Within the records, find every line that includes the word "below" and copy it.

- [Stored dataset items]

******

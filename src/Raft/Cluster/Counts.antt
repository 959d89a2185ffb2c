-- ===== src/Raft/Cluster/Counts.antt =====
-- How many of the peers below `n` pass a test.
use native.Mathlib.Decide.{dec_lt}
use mit_distribution.Base.{
  sym, ap, ◌∙◌, ℕ, zero, suc, ◌+◌, ◌<◌, ◌≤◌, ◌≡◌, Bool, true, false, arith, if◌then◌else◌,
}

unfoldable pub count : ℕ → (ℕ → Bool) → ℕ
count zero p = 0
count (suc n) p = let rest = count n p in if p n then rest + 1 else rest

pub count-le :
    (n : ℕ) (p q : ℕ → Bool) → ((j : ℕ) → p j ≡ true → q j ≡ true) → count n p ≤ count n q
unfolding count
count-le zero p q h = omega arith
count-le (suc n) p q h = ground (arith, h n, count-le n p q h)

-- One more passes the second test.
pub count-lt :
    (n : ℕ) (p q : ℕ → Bool) (c : ℕ)
    → ((j : ℕ) → p j ≡ true → q j ≡ true)
    → c < n
    → p c ≡ false
    → q c ≡ true
    → count n p < count n q
unfolding count
count-lt zero p q c h lt no_p yes_q = absurd (omega arith)
count-lt (suc n) p q c h lt no_p yes_q = elim (dec_lt c n) [
  | yes below ↦ ground (arith, h n, count-lt n p q c h below no_p yes_q)
  | no last ↦
      (let here : c ≡ n = omega arith in
        ground (arith, sym (ap p here) ∙ no_p, sym (ap q here) ∙ yes_q, count-le n p q h))
]

-- Tests that exclude one another.
pub count-add_le :
    (n : ℕ) (p q : ℕ → Bool) → ((j : ℕ) → p j ≡ true → q j ≡ false) → count n p + count n q ≤ n
unfolding count
count-add_le zero p q h = omega arith
count-add_le (suc n) p q h = ground (arith, h n, count-add_le n p q h)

******

- [RESULT]
-- How many of the peers below `n` pass a test.
  | yes below ↦ ground (arith, h n, count-lt n p q c h below no_p yes_q)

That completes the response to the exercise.